OBJECTIVES: Similar to patients with Wolfram syndrome and to heterozygous Wolframin1 (Wfs1) mutation carriers, Wfs1-deficient mice exhibit impaired glucose tolerance and lower plasma insulin levels. Muscarinic receptor 3 agonists have previously been shown to potentiate glucose-stimulated insulin secretion. Therefore, the aim of this study was to investigate insulin-secretion dynamics in Wfs1-deficient mice and evaluate carbachol, muscarinic agonist and the ability to ameliorate the insulin secretion deficits caused by the Wfs1 mutation. METHODS: Wild-type Wfs1 heterozygous and Wfs1 mutant mice were used. Blood glucose was measured after glucose and carbachol administration. Insulin secretion was measured from serum using ELISA. RESULTS: Glucose administration causes hyperglycemia in Wfs1-deficient mice due to decreased insulin secretion. This deficit is abolished by administration of the muscarinic agonist carbachol. CONCLUSIONS: Activation of the muscarinic pathway to potentiate insulin secretion may present a target to manage diabetes resulting from Wfs1 deficiency.

Preventive treatment with liraglutide protects against development of glucose intolerance in a rat model of Wolfram syndrome.

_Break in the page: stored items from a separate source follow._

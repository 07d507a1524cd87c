-- ===== src/Worklogs/Activities.antt =====
-- The activity map of internal/server/jira_worklog.go. The file of a workspace is what it holds, a
-- map of the names to the issues, and reading or writing it may fail with a message. A call holds
-- the lock from its read to its write.
use external_gateway.Prelude.{
  ℕ, not, Bytes, [], Option, none, some, codes, Map, lookup, insert, erase, is_some, Result, ok,
  err, if◌then◌else◌,
}
use external_gateway.Value.{Params}
use external_gateway.Config.{Workspace}
use external_gateway.Worklogs.{IssueRef, Upstream, WorklogError, activity_map, unknown_activity}
use external_gateway.Worklogs.Params.{scoped_issue_key, string_param, param_activity}
use external_gateway.Worklogs.Entries.{Activity}
use external_gateway.Worklogs.Writes.{Run, local, issue, ◌>>=◌, ◌>>◌}

-- The file system: what a read or a write of the file fails with, if it fails.
pub record Disk : Type 0 where
  pub read_failure : Option Bytes
  pub write_failure : Option Bytes

-- What the file holds; `none` where there is no file.
abbrev pub Stored : Type 0
Stored = Option (Map Activity)

-- `loadWorklogActivities`
unfoldable pub load_activities : Disk → Stored → Result WorklogError (Map Activity)
load_activities disk none = ok []
load_activities disk (some acts) = elim disk.read_failure [
  | none ↦ ok acts
  | some message ↦ err (activity_map message)
]

-- `saveWorklogActivities`: the file is replaced whole, or stays.
unfoldable pub save_activities :
    Disk → Map Activity → Stored → Result WorklogError (Unit {0}) × Stored
save_activities disk acts stored = elim disk.write_failure [
  | none ↦ (ok tt, some acts)
  | some message ↦ (err (activity_map message), stored)
]

-- The end of a change of the map: it is saved and answered.
unfoldable pub save_and_answer :
    Disk → Map Activity → Stored → Result WorklogError (Map Activity) × Stored
unfolding save_activities
save_and_answer disk acts stored =
    let (saved, after) = save_activities disk acts stored in
    elim saved [ ok _ ↦ (ok acts, after) | err e ↦ (err e, after) ]

-- `setActivity` behind the lock, with the issue that Jira has shown and the time of the change.
unfoldable pub store_activity :
    Disk → ℕ → Bytes → IssueRef → Stored → Result WorklogError (Map Activity) × Stored
unfolding load_activities save_and_answer insert
store_activity disk now name iss stored = elim (load_activities disk stored) [
  | err e ↦ (err e, stored)
  | ok acts ↦
      save_and_answer disk
        (insert name
          (record {
            key = iss.key;
            summary = iss.summary;
            issue_type = iss.issue_type;
            updated = now;
          })
          acts)
        stored
]

-- `setActivity` up to the lock: the name and the issue behind the key.
unfoldable pub checked_activity : Upstream → Workspace → Params → Run (Bytes × IssueRef)
unfolding issue param_activity scoped_issue_key string_param
checked_activity api ws params = do
  name ← local (param_activity params)
  local (scoped_issue_key ws (string_param params (codes "key")))
  iss ← issue api (string_param params (codes "key")) (codes "summary,issuetype")
  local (ok (name, iss))

-- `setActivity`
unfoldable pub set_activity :
    Disk → ℕ → Upstream → Workspace → Params → Stored → Result WorklogError (Map Activity) × Stored
unfolding checked_activity store_activity
set_activity disk now api ws params stored = elim ((checked_activity api ws params []).0) [
  | err e ↦ (err e, stored)
  | ok (name, iss) ↦ store_activity disk now name iss stored
]

-- `removeActivity`
unfoldable pub remove_activity :
    Disk → Params → Stored → Result WorklogError (Map Activity) × Stored
unfolding load_activities save_and_answer erase lookup param_activity
remove_activity disk params stored = elim (param_activity params) [
  | err e ↦ (err e, stored)
  | ok name ↦ elim (load_activities disk stored) [
    | err e ↦ (err e, stored)
    | ok acts ↦
        if not (is_some (lookup name acts))
        then (err (unknown_activity name), stored)
        else save_and_answer disk (erase name acts) stored
  ]
]
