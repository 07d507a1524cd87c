-- ===== src/Tests/Worklogs.antt =====
-- The worklog operations at a small Jira and Tempo.
use external_gateway.Prelude.{
  ◌+◌, ◌-◌, ◌*◌, ◌≢◌, false, [], ◌∷◌, none, some, codes, ok, All, length, ◌≡◌, refl, arith,
}
use external_gateway.Value.{Params, str, num}
use external_gateway.Workcal.{Date, date}
use external_gateway.Workcal.Counting.{working_in}
use external_gateway.Worklogs.{
  User, Worklog, IssueRef, Event, get_myself, get_issue, get_worklog, put_worklog, delete_worklog,
  post_worklog, Upstream, other_issue,
}
use external_gateway.Worklogs.Writes.{update_worklog, delete_worklog_of, add_worklog}
use external_gateway.Worklogs.Writes.Own.{WritesOwn, writes-WritesOwn}
use external_gateway.Worklogs.Pages.{page_of, tempo_worklogs, tempo_worklogs-all}
use external_gateway.Worklogs.Norm.{
  Norm, norm, IsBalanced, norm-IsBalanced, period_range, report_range,
}
use external_gateway.Worklogs.Norm.Periods.{Within, Covers, report_range-Covers}
use external_gateway.Worklogs.Activities.{Disk, set_activity, remove_activity}
use external_gateway.Tests.Fixtures.{acme}

abbrev ann : User
ann = record { account_id = codes "ann"; display_name = codes "Ann" }

abbrev task : IssueRef
task = record {
  id = codes "31";
  key = codes "ACME-4";
  summary = [];
  issue_type = codes "Task";
  parent = none;
}

abbrev an_hour : Worklog
an_hour = record {
  tempo_worklog_id = 7;
  issue = 31;
  author = codes "ann";
  start_date = codes "2026-11-26";
  start_time = codes "09:00:00";
  time_spent_seconds = 3600;
  billable_seconds = 3600;
  description = [];
  attributes = [];
}

abbrev atlassian : Upstream
atlassian = record {
  myself = λ log. ok ann;
  issue = λ key fields log. ok task;
  user = λ account log. ok ann;
  worklog = λ id log. ok an_hour;
  post = λ body log. ok an_hour;
  put = λ id body log. ok an_hour;
  delete = λ id log. ok tt;
}

-- Two hours for the worklog 7.
abbrev two_hours : Params
two_hours =
    (codes "key", str (codes "ACME-4"))
    ∷ (codes "worklog_id", str (codes "7"))
    ∷ (codes "hours", num (record { negative = false; mant = 2; scale = 0 }))
    ∷ []

abbrev today : Date
today = date 2026 11 26

log_sizes :
    (length (update_worklog atlassian today acme two_hours []).1 ≡ 4)
    × (length (delete_worklog_of atlassian acme two_hours []).1 ≡ 4)
    × (length (add_worklog atlassian (ok []) today acme two_hours []).1 ≡ 3)
unfolding update_worklog delete_worklog_of add_worklog external_gateway.Worklogs.Writes.refuse_other
log_sizes = (refl, refl, refl)

writes-WritesOwn_example :
    WritesOwn acme two_hours (update_worklog atlassian today acme two_hours []).1
    × WritesOwn acme two_hours (delete_worklog_of atlassian acme two_hours []).1
writes-WritesOwn_example = writes-WritesOwn atlassian today acme two_hours

linked : codes "next" ≢ []
linked h = ground arith

tempo_worklogs-all_example :
    tempo_worklogs 3 (λ offset. ok (page_of (codes "next") (an_hour ∷ an_hour ∷ []) offset))
    ≡ some (ok (an_hour ∷ an_hour ∷ []))
tempo_worklogs-all_example = tempo_worklogs-all (codes "next") linked (an_hour ∷ an_hour ∷ [])

-- Ten hours in the week of Monday, 23 November 2026.
norm-IsBalanced_example :
    (n : Norm) × (norm (date 2026 11 23) (date 2026 11 29) today 36000 ≡ some n)
    × (n.norm_hours ≡ 800 * working_in (date 2026 11 29 + 1 - date 2026 11 23) (date 2026 11 23))
    × IsBalanced n 36000
norm-IsBalanced_example = norm-IsBalanced (date 2026 11 23) (date 2026 11 29) today 36000

report_range-Covers_example :
    All
      (λ p.
        Within today (period_range p today)
        × Covers (report_range (codes "day") today) (period_range p today))
      (codes "day" ∷ codes "week" ∷ codes "month" ∷ [])
report_range-Covers_example = report_range-Covers (codes "day") today (unfold date in omega arith)

abbrev disk : Disk
disk = record { read_failure = none; write_failure = none }

-- A review goes to the task, and is taken out again.
abbrev review : Params
review = (codes "name", str (codes "review")) ∷ (codes "key", str (codes "ACME-4")) ∷ []

stored_activities :
    ((set_activity disk 5 atlassian acme review none).1
      ≡ some (
          (
            codes "review",
            record { key = codes "ACME-4"; summary = []; issue_type = codes "Task"; updated = 5 },
          )
          ∷ []))
    × ((remove_activity disk review (set_activity disk 5 atlassian acme review none).1).1 ≡ some [])
unfolding set_activity remove_activity
stored_activities = (refl, refl)
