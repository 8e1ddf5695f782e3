-- ===== src/Store/Backends.antt =====
-- internal/store/store_backend.go: the operations on the table of backends.
pub mod Health
pub mod Breaker
pub mod Recovery
pub mod Invariant
pub mod Preserve
pub mod Changes
pub mod Histories
use token_gate.Base.{
  ℕ, ◌+◌, Bool, not, ◌&&◌, Option, none, some, List, [], ◌∷◌, ◌++◌, map, reverse, ◌==◌,
  if◌then◌else◌, any, ℤ, pos, ltb_ℤ, leb_ℤ,
}
use token_gate.Domain.{
  status_normal, status_abnormal, status_disabled, SocksProxy, Backend, normalize_backend_protocol,
  normalize_backend_type, normalize_backend_status,
}
use token_gate.Store.{unique_violation, no_rows, Result, ok, err, Db}
use token_gate.Store.Columns.{normalize_list, normalize_map, normalize_json_object, written}
use token_gate.Text.{Text, text_eq, is_empty, text_lt, trim_space}
use token_gate.Time.{Time, before, format_time, format_optional_time, add}

unfoldable pub find_backend : ℕ → List Backend → Option Backend
find_backend id [] = none
find_backend id (b ∷ rows) = if b.id == id then some b else find_backend id rows

unfoldable pub find_proxy : ℕ → List SocksProxy → Option SocksProxy
find_proxy id [] = none
find_proxy id (p ∷ rows) = if p.id == id then some p else find_proxy id rows

-- `UPDATE backends SET … WHERE id = ?`
unfoldable pub update_backend_row : ℕ → (Backend → Backend) → List Backend → List Backend
update_backend_row id f [] = []
update_backend_row id f (b ∷ rows) = (if b.id == id then f b else b) ∷ update_backend_row id f rows

-- Another row has the name.
unfoldable pub name_taken : ℕ → Text → List Backend → Bool
unfolding text_eq
name_taken id name rows = any (λ b. not (b.id == id) && text_eq b.name name) rows

-- The row with the proxy that LEFT JOIN finds, and the columns as `scanBackend` reads them.
unfoldable pub scan_backend : List SocksProxy → Backend → Backend
unfolding find_proxy
scan_backend proxies b = record b {
  status = normalize_backend_status b.status;
  protocol = normalize_backend_protocol b.protocol;
  backend_type = normalize_backend_type b.backend_type;
  console_url = trim_space b.console_url;
  tags = normalize_list b.tags;
  console_username = trim_space b.console_username;
  console_password = trim_space b.console_password;
  console_authorization = trim_space b.console_authorization;
  console_checkin_path = trim_space b.console_checkin_path;
  channel_url = trim_space b.channel_url;
  console_cookie = trim_space b.console_cookie;
  console_account_json = normalize_json_object b.console_account_json;
  console_pricing_json = normalize_json_object b.console_pricing_json;
  notes = trim_space b.notes;
  models = normalize_list b.models;
  model_mapping = normalize_map b.model_mapping;
  endpoints = normalize_list b.endpoints;
  proxy = find_proxy b.proxy_id proxies;
}

-- `ORDER BY b.id DESC`: the rows stand in the order of their ids
unfoldable pub list_backends : Db → List Backend
unfolding scan_backend
list_backends db = reverse (map (scan_backend db.proxies) db.backends)

unfoldable pub get_backend : ℕ → Db → Result Backend
unfolding find_backend scan_backend
get_backend id db = elim (find_backend id db.backends) [
  | none ↦ err no_rows
  | some b ↦ ok (scan_backend db.proxies b)
]

-- The row that INSERT adds, under the next id.
unfoldable pub insert_backend : Backend → Db → Db
insert_backend b db = record db {
  backends = db.backends ++ record b { id = db.next_backend_id } ∷ [];
  next_backend_id = db.next_backend_id + 1;
}

-- The values that `CreateBackend` inserts; the id is the table's to give.
unfoldable pub created_row : Time → Backend → Backend
unfolding written
created_row now backend = record (written backend) {
  proxy = none;
  consecutive_failures = 0;
  recover_at = none;
  created_at = now;
  updated_at = now;
}

unfoldable pub create_backend : Time → Backend → Db → Db × Result Backend
unfolding created_row name_taken insert_backend get_backend
create_backend now backend db =
    let row = created_row now backend in
    if name_taken 0 row.name db.backends
    then (db, err unique_violation)
    else (insert_backend row db, get_backend db.next_backend_id (insert_backend row db))

-- The values that `ImportBackends` inserts, and the backend that it answers with.
unfoldable pub imported_row : Time → Backend → Backend
unfolding written
imported_row now backend = record (written backend) {
  proxy = none;
  recover_at = none;
  created_at = now;
  updated_at = now;
}

unfoldable pub imported_answer : Time → ℕ → Backend → Backend
unfolding written
imported_answer now id backend = record (written backend) {
  id = id;
  tags = backend.tags;
  models = backend.models;
  model_mapping = backend.model_mapping;
  endpoints = backend.endpoints;
  recover_at = none;
  created_at = now;
  updated_at = now;
}

-- The loop of `ImportBackends` inside its transaction, with the backends created so far.
unfoldable pub import_rows : Time → List Backend → List Backend → Db → Db × Result (List Backend)
unfolding imported_row imported_answer name_taken insert_backend
import_rows now created [] db = (db, ok created)
import_rows now created (backend ∷ more) db =
    let row = imported_row now backend in
    let answer = imported_answer now db.next_backend_id backend in
    let rest = import_rows now (created ++ answer ∷ []) more (insert_backend row db) in
    if name_taken 0 row.name db.backends then (db, err unique_violation) else rest

-- COMMIT keeps what the loop wrote, ROLLBACK goes back to the state before it.
unfoldable pub finish_import : Db → Db × Result (List Backend) → Db × Result (List Backend)
finish_import before (after, ok created) = (after, ok created)
finish_import before (after, err e) = (before, err e)

unfoldable pub import_backends : Time → List Backend → Db → Db × Result (List Backend)
unfolding import_rows finish_import
import_backends now backends db = finish_import db (import_rows now [] backends db)

-- The values that `UpdateBackend` sets; `created_at` is no column of its statement.
unfoldable pub updated_row : Time → Backend → Time → Backend
unfolding written
updated_row now backend created_at = record (written backend) {
  proxy = none;
  created_at = created_at;
  updated_at = now;
}

unfoldable pub update_backend : Time → Backend → Db → Db × Result Backend
unfolding updated_row name_taken update_backend_row get_backend find_backend
update_backend now backend db =
    let after = record db {
      backends =
          update_backend_row backend.id (λ old. updated_row now backend old.created_at) db.backends;
    } in
    elim (find_backend backend.id db.backends) [
      | none ↦ (db, err no_rows)
      | some old ↦
          if name_taken backend.id (written backend).name db.backends
          then (db, err unique_violation)
          else (after, get_backend backend.id after)
    ]

unfoldable pub mark_backend_success : Time → ℕ → Db → Db × Result Backend
unfolding update_backend_row get_backend
mark_backend_success now id db =
    let after = record db {
      backends =
          update_backend_row id
            (λ b. record b {
              status = status_normal;
              consecutive_failures = 0;
              recover_at = none;
              updated_at = now;
            })
            db.backends;
    } in
    (after, get_backend id after)

-- The status and the time of recovery after one more failure.
unfoldable pub failure_state : ℤ → ℕ → Time → Backend → Text × Option Time
unfolding text_eq is_empty
failure_state threshold cooldown now backend =
    let limit = if ltb_ℤ threshold (pos 1) then pos 1 else threshold in
    let failures = backend.consecutive_failures + 1 in
    let status = if is_empty backend.status then status_normal else backend.status in
    if not (text_eq status status_disabled) && leb_ℤ limit (pos failures)
    then (status_abnormal, some (add now cooldown))
    else (status, backend.recover_at)

unfoldable pub mark_backend_failure : ℕ → ℤ → ℕ → Time → Db → Db × Result Backend
unfolding failure_state update_backend_row get_backend
mark_backend_failure id threshold cooldown now db = elim (get_backend id db) [
  | err e ↦ (db, err e)
  | ok backend ↦
      let (status, recover_at) = failure_state threshold cooldown now backend in
      let after = record db {
        backends =
            update_backend_row id
              (λ b. record b {
                status = status;
                consecutive_failures = backend.consecutive_failures + 1;
                recover_at = recover_at;
                updated_at = now;
              })
              db.backends;
      } in
      (after, get_backend id after)
]

-- `recover_at != '' AND recover_at <= ?`, on texts
unfoldable pub is_due : Time → Option Time → Bool
unfolding format_optional_time
is_due now recover_at =
    let text = format_optional_time recover_at in
    not (is_empty text) && not (text_lt (format_time now) text)

unfoldable pub recover_row : Time → Backend → Backend
unfolding is_due text_eq
recover_row now b =
    if text_eq b.status status_abnormal && is_due now b.recover_at
    then record b {
      status = status_normal;
      consecutive_failures = 0;
      recover_at = none;
      updated_at = now;
    }
    else b

unfoldable pub recover_expired_backends : Time → Db → Db
unfolding recover_row
recover_expired_backends now db = record db { backends = map (recover_row now) db.backends }

unfoldable pub without_backend : ℕ → List Backend → List Backend
without_backend id [] = []
without_backend id (b ∷ rows) =
    let rest = without_backend id rows in if b.id == id then rest else b ∷ rest

unfoldable pub delete_backend : ℕ → Db → Db
unfolding without_backend
delete_backend id db = record db { backends = without_backend id db.backends }
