-- ===== src/Scheduler.antt =====
-- internal/scheduler/scheduler.go. A stable sort is modelled by insertion.
pub mod Order
pub mod Selection
pub mod Patterns
use token_gate.Base.{
  ℕ, Bool, true, false, not, ◌&&◌, ◌||◌, Option, none, some, List, [], ◌∷◌, ltb, if◌then◌else◌, any,
  keep, ℤ, pos, ltb_ℤ, eq_ℤ,
}
use token_gate.Domain.{status_normal, Backend}
use token_gate.Glob.{path_match}
use token_gate.Store.{Db}
use token_gate.Store.Backends.{
  list_backends, mark_backend_success, mark_backend_failure, recover_expired_backends,
}
use token_gate.Text.{Text, codes, text_eq, is_empty, trim_space, contains_any}
use token_gate.Time.{Time}

pub record Service : Type 0 where
  pub backend_cooldown : ℕ
  pub backend_fails : ℤ

-- `New`
unfoldable pub new : ℕ → ℤ → Service
new cooldown fails = record {
  backend_cooldown = cooldown;
  backend_fails = if ltb_ℤ fails (pos 1) then pos 1 else fails;
}

unfoldable pub match_pattern : Text → Text → Bool
unfolding is_empty text_eq contains_any
match_pattern pattern value =
    let p = trim_space pattern in
    if is_empty p || text_eq p (codes "*")
    then true
    else if not (contains_any (codes "*?") p)
    then text_eq p value
    else path_match p value

unfoldable pub supports_model : List Text → Text → Bool
unfolding match_pattern
supports_model patterns model = any (λ p. match_pattern p model) patterns

unfoldable pub maps_model : Text → List (Text × Text) → Bool
unfolding text_eq is_empty
maps_model model [] = false
maps_model model ((client, upstream) ∷ m) =
    (text_eq (trim_space client) model && not (is_empty (trim_space upstream)))
    || maps_model model m

unfoldable pub supports_backend_model : Backend → Text → Bool
unfolding supports_model maps_model is_empty
supports_backend_model backend model =
    let m = trim_space model in
    if supports_model backend.models model
    then true
    else if is_empty m
    then false
    else maps_model m backend.model_mapping

-- What the loop over the backends keeps.
unfoldable pub is_candidate : Text → Backend → Bool
unfolding text_eq supports_backend_model
is_candidate model backend =
    if not (text_eq backend.status status_normal)
    then false
    else supports_backend_model backend model

-- The `less` function of the sort.
unfoldable pub less : Backend → Backend → Bool
less a b = if eq_ℤ a.weight b.weight then ltb a.id b.id else ltb_ℤ b.weight a.weight

-- In front of the first one that is greater.
unfoldable pub insert : Backend → List Backend → List Backend
unfolding less
insert a [] = a ∷ []
insert a (b ∷ bs) = let rest = insert a bs in if less b a then b ∷ rest else a ∷ b ∷ bs

unfoldable pub sort_stable : List Backend → List Backend
unfolding insert
sort_stable [] = []
sort_stable (b ∷ bs) = insert b (sort_stable bs)

unfoldable pub candidates : Text → Db → List Backend
unfolding is_candidate sort_stable list_backends
candidates model db = sort_stable (keep (is_candidate model) (list_backends db))

-- The test on `len(candidates)`; `none` is `ErrNoBackendAvailable`.
unfoldable pub selection_of : List Backend → Option (List Backend)
selection_of [] = none
selection_of (b ∷ bs) = some (b ∷ bs)

-- The endpoint is not used.
unfoldable pub select_backend : Time → Text → Text → Db → Db × Option (List Backend)
unfolding candidates recover_expired_backends selection_of
select_backend now endpoint model db =
    let after = recover_expired_backends now db in (after, selection_of (candidates model after))

unfoldable pub mark_success : Time → ℕ → Db → Db
unfolding mark_backend_success
mark_success now id db = (mark_backend_success now id db).0

unfoldable pub mark_failure : Service → Time → ℕ → Db → Db
unfolding mark_backend_failure
mark_failure s now id db = (mark_backend_failure id s.backend_fails s.backend_cooldown now db).0
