-- ===== src/Store/UsageLogs.antt =====
-- internal/store/store_log.go, AppendUsageLog, and the hourly statistics of
-- internal/store/store_backend.go that it keeps. Of an hourly row the two timestamps of its own are
-- left out.
pub mod Hourly
use token_gate.Base.{
  ℕ, suc, ◌+◌, Bool, not, ◌&&◌, ◌||◌, List, [], ◌∷◌, ◌++◌, ltb, leb, ◌==◌, if◌then◌else◌,
}
use token_gate.Domain.{UsageLog, status_family}
use token_gate.Scheduler.{new}
use token_gate.Store.{HourlyRow, Db}
use token_gate.Text.{Text, codes, text_eq, is_empty, trim_space}
use token_gate.Time.{Time, is_zero, format_time, truncate_hour}

-- `nonEmpty`
unfoldable pub non_empty : Text → Text → Text
unfolding is_empty trim_space
non_empty value fallback = if is_empty (trim_space value) then fallback else value

-- The row that the insert writes.
unfoldable pub logged_row : Time → UsageLog → UsageLog
unfolding non_empty status_family
logged_row created_at log = record log {
  request_id = trim_space log.request_id;
  method = trim_space log.method;
  path = trim_space log.path;
  query = trim_space log.query;
  endpoint = trim_space log.endpoint;
  model = trim_space log.model;
  proxy_name = trim_space log.proxy_name;
  status_family = non_empty log.status_family (status_family log.status_code);
  error_message = trim_space log.error_message;
  client_ip = trim_space log.client_ip;
  user_agent = trim_space log.user_agent;
  trace_id = trim_space log.trace_id;
  request_headers_json = non_empty log.request_headers_json (codes "{}");
  response_headers_json = non_empty log.response_headers_json (codes "{}");
  created_at = created_at;
}

unfoldable pub is_success_status : ℕ → Bool
is_success_status code = leb 200 code && ltb code 300

unfoldable pub backend_hourly_bucket_utc : Time → Time
unfolding truncate_hour
backend_hourly_bucket_utc t = truncate_hour t

-- The row that one log adds.
unfoldable pub contribution : Time → UsageLog → HourlyRow
unfolding is_success_status backend_hourly_bucket_utc
contribution created_at log =
    let success = is_success_status log.status_code in
    record {
      backend_id = log.backend_id;
      backend_name = trim_space log.backend_name;
      model = trim_space log.model;
      hour_start = backend_hourly_bucket_utc created_at;
      successes = if success then 1 else 0;
      failures = if success then 0 else 1;
      success_duration_ms_sum = if success then log.duration_ms else 0;
      success_request_bytes = if success then log.request_bytes else 0;
      success_response_bytes = if success then log.response_bytes else 0;
      success_input_tokens = if success then log.input_tokens else 0;
      success_output_tokens = if success then log.output_tokens else 0;
      success_input_cache_tokens = if success then log.input_cache_tokens else 0;
    }

-- The columns of the conflict clause.
unfoldable pub same_key : HourlyRow → HourlyRow → Bool
unfolding text_eq format_time
same_key a b =
    a.backend_id == b.backend_id
    && text_eq a.model b.model
    && text_eq (format_time a.hour_start) (format_time b.hour_start)

-- `DO UPDATE SET`
unfoldable pub merge : HourlyRow → HourlyRow → HourlyRow
merge old new = record old {
  backend_name = new.backend_name;
  successes = old.successes + new.successes;
  failures = old.failures + new.failures;
  success_duration_ms_sum = old.success_duration_ms_sum + new.success_duration_ms_sum;
  success_request_bytes = old.success_request_bytes + new.success_request_bytes;
  success_response_bytes = old.success_response_bytes + new.success_response_bytes;
  success_input_tokens = old.success_input_tokens + new.success_input_tokens;
  success_output_tokens = old.success_output_tokens + new.success_output_tokens;
  success_input_cache_tokens = old.success_input_cache_tokens + new.success_input_cache_tokens;
}

unfoldable pub upsert_row : HourlyRow → List HourlyRow → List HourlyRow
unfolding same_key merge
upsert_row new [] = new ∷ []
upsert_row new (old ∷ rows) =
    let rest = upsert_row new rows in if same_key old new then merge old new ∷ rows else old ∷ rest

-- A log that names no backend or no model is not counted.
unfoldable pub is_counted : UsageLog → Bool
unfolding is_empty
is_counted log = not (
    log.backend_id == 0
    || is_empty (trim_space log.backend_name)
    || is_empty (trim_space log.model))

unfoldable pub upsert_backend_hourly_model_stats : UsageLog → Time → List HourlyRow → List HourlyRow
unfolding is_counted contribution upsert_row
upsert_backend_hourly_model_stats log created_at rows =
    if is_counted log then upsert_row (contribution created_at log) rows else rows

-- When a log was made: now, if it does not say.
unfoldable pub created : Time → UsageLog → Time
unfolding is_zero
created now log = if is_zero log.created_at then now else log.created_at

unfoldable pub append_usage_log : Time → UsageLog → Db → Db
unfolding logged_row upsert_backend_hourly_model_stats created
append_usage_log now log db =
    let t = created now log in
    record db {
      usage_logs = db.usage_logs ++ (record (logged_row t log) { id = db.next_usage_log_id } ∷ []);
      next_usage_log_id = suc db.next_usage_log_id;
      hourly = upsert_backend_hourly_model_stats log t db.hourly;
    }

Wolfram syndrome (WS) is a rare autosomal recessive disorder caused by mutations in the WFS1 (Wolframin1) gene. The syndrome first manifests as diabetes mellitus, followed by optic nerve atrophy, deafness, and neurodegeneration. The underlying mechanism is believed to be a dysregulation of endoplasmic reticulum (ER) stress response, which ultimately leads to cellular death. Treatment with glucagon-like peptide-1 (GLP-1) receptor agonists has been shown to normalize ER stress response in several in vitro and in vivo models. Early chronic intervention with the GLP-1 receptor agonist liraglutide starting before the onset of metabolic symptoms prevented the development of glucose intolerance, improved insulin and glucagon secretion control, reduced ER stress and inflammation in Langerhans islets in Wfs1 mutant rats. Thus, treatment with GLP-1 receptor agonists might be a promising strategy as a preventive treatment for human WS patients.